I move along at a pretty good clip while searching, and don't stop on my first fish I see, it gets investigated first.

The following is a "brief" tutorial on how to find bottom structure and bottom fish.

*Artificial Structure *
There are 2 kinds of artificial structure,
Stuff that sank unexpectedly and stuff that was intentionally dropped.

The unexpectedly sunk stuff more often than not is pretty well documented on charts and lists, and also usually gets hit pretty hard by fisherman and divers.

If you are trying to figure out how to use your depth finder, these are usually large targets that come 20-40 feet off from the bottom, and should give you good practice searching for them.

I usually will anchor past these, especially if I don't have an experienced crew. 
If you try to drift across these, you will wind up losing a lot of tackle. 
Anchor 50-70 feet up current from them. 
If you don't get bites, you can let more anchor line out to position closer. 
This varies depending on the amount of current there is, how much weight you are using, and how aggressive the fish are about coming out of structure to grab bait.

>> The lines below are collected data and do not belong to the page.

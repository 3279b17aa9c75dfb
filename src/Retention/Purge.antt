-- ===== src/Retention/Purge.antt =====
-- A purge removes all the facts of a failed snapshot, in every table, and nothing else.
use partha.Prelude.{
  ℕ, ◌+◌, ◌≡◌, refl, sym, ◌∙◌, Bool, true, false, ◌&&◌, ◌||◌, List, [], ◌∷◌, ◌==◌, arith,
  if◌then◌else◌, inl, inr, Bool-cases,
}
use partha.Table.{find}
use partha.Database.{
  FactTable, derivation, evidence, assertion, diagnostic, edge, observation, node, Fact,
  snapshot_key, Database,
}
use partha.Session.{Session, ok, pure, gets, ◌>>=◌, statement, commit}
use partha.Retention.{
  fact_tables, same_table, delete_facts, delete_all, delete_snapshot_facts, state_is_failed,
  purge_snapshot_facts,
}

-- The facts that a guard spares, and how many it does not.
abbrev pub spared : (Fact → Bool) → List Fact → List Fact
spared p [] = []
spared p (f ∷ facts) = let rest = spared p facts in if p f then rest else f ∷ rest

abbrev pub removed : (Fact → Bool) → List Fact → ℕ
removed p [] = 0
removed p (f ∷ facts) = (if p f then 1 else 0) + removed p facts

abbrev split : (Fact → Bool) → List Fact → ℕ × List Fact
split p facts = (removed p facts, spared p facts)

abbrev pub of_snapshot : ℕ → Fact → Bool
of_snapshot id f = f.snapshot_id == id

abbrev listed : List FactTable → FactTable → Bool
listed [] t = false
listed (u ∷ ts) t = same_table t u || listed ts t

delete_facts_lem :
    (t : FactTable) (id : ℕ) (facts : List Fact)
    → delete_facts t id facts ≡ split (λ f. same_table f.table t && f.snapshot_id == id) facts
unfolding delete_facts
delete_facts_lem t id [] = refl
delete_facts_lem t id (f ∷ facts) = ground (arith, delete_facts_lem t id facts)

-- Two guards, one after the other.
spared-spared :
    (p q r : Fact → Bool)
    → ((f : Fact) → r f ≡ (p f || q f))
    → (facts : List Fact) → spared q (spared p facts) ≡ spared r facts
spared-spared p q r either [] = refl
spared-spared p q r either (f ∷ facts) = ground (arith, either f, spared-spared p q r either facts)

removed-spared :
    (p q r : Fact → Bool)
    → ((f : Fact) → r f ≡ (p f || q f))
    → (facts : List Fact) → removed p facts + removed q (spared p facts) ≡ removed r facts
removed-spared p q r either [] = refl
removed-spared p q r either (f ∷ facts) =
    ground (arith, either f, removed-spared p q r either facts)

either_table : (a b c : Bool) → ((a || b) && c) ≡ ((a && c) || (b && c))
either_table true true true = refl
either_table true true false = refl
either_table true false true = refl
either_table true false false = refl
either_table false b c = refl

none_listed : (facts : List Fact) → split (λ _. false) facts ≡ (0, facts)
none_listed [] = refl
none_listed (f ∷ facts) = ground (arith, none_listed facts)

delete_all_lem :
    (ts : List FactTable) (id : ℕ) (facts : List Fact)
    → delete_all ts id facts ≡ split (λ f. listed ts f.table && f.snapshot_id == id) facts
unfolding delete_all
delete_all_lem [] id facts = sym (none_listed facts)
delete_all_lem (t ∷ ts) id facts =
    let P = λ (f : Fact). same_table f.table t && f.snapshot_id == id in
    let Q = λ (f : Fact). listed ts f.table && f.snapshot_id == id in
    let R = λ (f : Fact). listed (t ∷ ts) f.table && f.snapshot_id == id in
    let either =
      λ (f : Fact). either_table (same_table f.table t) (listed ts f.table) (f.snapshot_id == id) in
    rw
      (
        delete_facts_lem t id facts,
        delete_all_lem ts id (spared P facts),
        removed-spared P Q R either facts,
        spared-spared P Q R either facts,
      )
      refl

-- Every fact is of one of the tables.
all_tables : (t : FactTable) → listed fact_tables t ≡ true
all_tables derivation = refl
all_tables evidence = refl
all_tables assertion = refl
all_tables diagnostic = refl
all_tables edge = refl
all_tables observation = refl
all_tables node = refl

removed_cong :
    (p q : Fact → Bool)
    → ((f : Fact) → p f ≡ q f)
    → (facts : List Fact) → split p facts ≡ split q facts
removed_cong p q same [] = refl
removed_cong p q same (f ∷ facts) = ground (arith, same f, removed_cong p q same facts)

delete_fact_tables :
    (id : ℕ) (facts : List Fact) → delete_all fact_tables id facts ≡ split (of_snapshot id) facts
delete_fact_tables id facts =
    delete_all_lem fact_tables id facts
    ∙ removed_cong _ (of_snapshot id) (λ f. rw (all_tables f.table) refl) facts

-- The database after a purge of that snapshot.
abbrev pub purged : ℕ → Database → Database
purged id db = record db { facts = spared (of_snapshot id) db.facts }

-- A purge of a failed snapshot removes exactly its facts, whatever their tables, commits, and returns
-- how many they were; of a snapshot that is building, sealed or not there at all it removes nothing,
-- returns 0 and commits nothing.
pub purge_snapshot_facts_lem :
    (id : ℕ) (s : Session)
    → purge_snapshot_facts id s ≡ (
        if state_is_failed (find snapshot_key id s.work.snapshots)
        then (
          ok (removed (of_snapshot id) s.work.facts),
          record s { committed = purged id s.work; work = purged id s.work },
        )
        else (ok 0, s))
unfolding purge_snapshot_facts delete_snapshot_facts gets pure statement commit ◌>>=◌
purge_snapshot_facts_lem id s =
    elim (Bool-cases (state_is_failed (find snapshot_key id s.work.snapshots))) [
      | inl e ↦ rw (e, delete_fact_tables id s.work.facts) refl
      | inr e ↦ rw e refl
    ]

Chumming also works good in this scenario. 
Good places to hit are the wrecks. 
Another tip on these, is a lot of the older wrecks are breaking up, and if you hunt around you will find smaller structure that is not well known and may hold bigger fish.

This is why I have an extra slot for a blank c-map cartridge to record my own information when I find something new.

*The artificial reefs are a little different. *
They usually consist of a general area of bottom structure that was intentionally put there. The relief off the bottom is generally 10 feet or less. 
When fishing them, it pays off to recon at least a couple hundred yards around these. 
Put your GPS map on, and run strip patterns like you were mowing the lawn about 75 feet apart. 
I usually like to run N/S patterns. 
They usually put these reefs down in areas where fish are found. 
Search north and south on these at the same depths.
Hope this helps some perch guys.
*
These are also hot trolling zones too.* 
Put your GPS in map mode, 80 foot range, and get 100 feet up current from where you marked fish or structure. 
Drop your baits and drift or troll to at least a couple hundred feet past the mark. 
If you get bites, hit the MOB, and continue to work the area. 
If no bites, motor back up to a place 50 feet to one side or the other perpendicular to the last drift.
Drift the mow the lawn pattern until you have worked the area, or are catching fish. 
Last tip here, is if you have a place that has produced fish, and you go there, and mark structure, but not fish, fish it anyways. 
You don't always mark fish, but still can catch them.

*Natural structure*
Here are some tips for natural structure in Erie.
Work your western reefs like mentioned above and gather the tips from the lake Erie forum. If in doubt, ask KaGee. 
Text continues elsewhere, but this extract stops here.